One of the most challenging problems for solid state image sensors is noise reduction, especially for sensors with a small pixel size. The effect of noise on image quality increases as pixel sizes continue to decrease and may have a severe impact on image quality. Specifically, noise impacts image quality in smaller pixels because of reduced dynamic range. One of the ways of solving this problem is by improving fabrication processes; the costs associated with such improvements, however, are high. Accordingly, engineers often focus on other methods of noise reduction. One such solution applies noise filters during image processing. There are many complicated noise reduction algorithms which reduce noise in the picture without edge blurring, however, they require huge calculating resources and cannot be implemented in a silicon-on-a-chip application. Most simple noise reduction algorithms which blur the edges of the images.

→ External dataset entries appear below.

-- ===== src/Portfolio/Accounting/Quantities.antt =====
-- Fills keep held quantities positive, and sell no more than is held.
use crypto_ai_trader.Base.{List, [], ◌∷◌, All, ◌≡◌, refl, arith, true, some, Result, ok, err, ◌>>=◌}
use crypto_ai_trader.Base.Dict.{Dict, lookup}
use crypto_ai_trader.Decimal.{Decimal, nought, le, lt, sub, IsPos, IsPos-of_lt, add-IsPos}
use crypto_ai_trader.Strategies.Base.{Side, buy, sell}
use crypto_ai_trader.Execution.PaperExecutor.{PaperFill}
use crypto_ai_trader.Portfolio.Accounting.{
  Position, PortfolioAccount, replay, apply_fill, apply_sell_fill, fill_by_side, unless_raised,
}
use crypto_ai_trader.Portfolio.Accounting.Kept.{Holds, replay-Holds}
use crypto_ai_trader.Portfolio.Accounting.Trades.{Moves, apply_sell_fill-Moves}

-- Every held quantity is positive.
abbrev pub IsHeld : Dict Position → Type 0
IsHeld ps = Holds (λ p. IsPos p.qty) ps

-- Each sale among the fills, at its turn, sells a held position, and no more than is held.
abbrev pub IsCovered : List PaperFill → PortfolioAccount → Type 0
IsCovered [] a = Unit {0}
IsCovered (f ∷ fs) a =
    ((f.side ≡ sell)
      → (p : Position) × (lookup f.symbol a.positions ≡ some p) × (le f.qty p.qty ≡ true))
    × IsCovered fs (apply_fill f a).0

replay-positive :
    (fills : List PaperFill) (a : PortfolioAccount)
    → All (λ f. lt nought f.qty ≡ true) fills
    → IsHeld a.positions
    → IsHeld (replay fills a).0.positions
replay-positive =
    replay-Holds (λ p. IsPos p.qty) (λ f. lt nought f.qty ≡ true) (λ f h. IsPos-of_lt f.qty h)
      (λ f p h held. add-IsPos p.qty f.qty held (IsPos-of_lt f.qty h).0)
      (λ f p average fees h held. add-IsPos p.qty f.qty held (IsPos-of_lt f.qty h).0)
      (λ f p fees kept held. IsPos-of_lt (sub p.qty f.qty) (rw kept))

moved_quantity :
    (f : PaperFill) (a : PortfolioAccount) (o : PortfolioAccount × Result Decimal)
    → Moves f a o
    → (o.1 >>= λ pnl. ok (tt {0})) ≡ ok tt
    → (p : Position) × (lookup f.symbol a.positions ≡ some p) × (le f.qty p.qty ≡ true)
moved_quantity f a (after, ok pnl)
      (p, share, found, fees, gain, side, some_qty, covered, cash, total, others, left, closed) e =
    (p, found, covered)
moved_quantity f a (after, err why) same e = absurd (ground arith)

sold_quantity :
    (side : Side) (f : PaperFill) (a : PortfolioAccount)
    → side ≡ sell
    → (fill_by_side side f a).1 ≡ ok tt
    → (p : Position) × (lookup f.symbol a.positions ≡ some p) × (le f.qty p.qty ≡ true)
sold_quantity buy f a e accepted = absurd (ground arith)
sold_quantity sell f a e accepted =
    moved_quantity f a (apply_sell_fill f a) (apply_sell_fill-Moves f a) accepted

unless_raised-ok :
    (r : Result (Unit {0})) (stopped rest : PortfolioAccount × Result (Unit {0}))
    → (unless_raised r stopped rest).1 ≡ ok tt
    → stopped.1 ≡ r
    → (r ≡ ok tt) × (rest.1 ≡ ok tt)
unless_raised-ok (ok v) stopped rest h e = (refl, h)
unless_raised-ok (err why) stopped rest h e = absurd (ground arith)

replay-IsCovered :
    (fills : List PaperFill) (a : PortfolioAccount) → (replay fills a).1 ≡ ok tt → IsCovered fills a
unfolding replay apply_fill
replay-IsCovered [] a h = tt
replay-IsCovered (f ∷ fs) a h =
    let done = apply_fill f a in
    let (accepted, rest) = unless_raised-ok done.1 done (replay fs done.0) h refl in
    (λ side. sold_quantity f.side f a side accepted, replay-IsCovered fs done.0 rest)

-- Fills of positive quantity, applied in any order until one raises, keep every held quantity
-- positive. If none raises, each sale among them sold a position that was held at its turn, and no
-- more than was held.
pub replay-IsHeld :
    (fills : List PaperFill) (a : PortfolioAccount)
    → All (λ f. lt nought f.qty ≡ true) fills
    → IsHeld a.positions
    → IsHeld (replay fills a).0.positions × (((replay fills a).1 ≡ ok tt) → IsCovered fills a)
replay-IsHeld fills a positive held =
    (replay-positive fills a positive held, replay-IsCovered fills a)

Two exemplary methods that may be used for image denoising are briefly discussed herein. The first method includes the use of local smoothing filters, which work by applying a local low-pass filter to reduce the noise component in the image. Typical examples of such filters include averaging, medium and Gaussian filters. One problem associated with local smoothing filters is that they do not distinguish between high frequency components that are part of the image and those created due to noise. As a result, these filters not only remove noise but also blur the edges of the image.
A second group of denoising methods work in the spatial frequency domain. These methods typically first convert the image data into a frequency space (forward transform), then filter the transformed image and finally convert the image back into the image space (reverse transform). Typical examples of such filters include DFT filters and wavelength transform filters. The utilization of these filters for image denoising, however, is impeded by the large volume of calculations required to process the image data. Additionally, block artifacts and oscillations may result from the use of these filters to reduce noise. Further, these filters are best implemented in a YUV color space (Y is the luminance component and U and V are the chrominance components). Accordingly, there is a need and desire for an efficient image denoising method and apparatus which do not blur the edges of the image.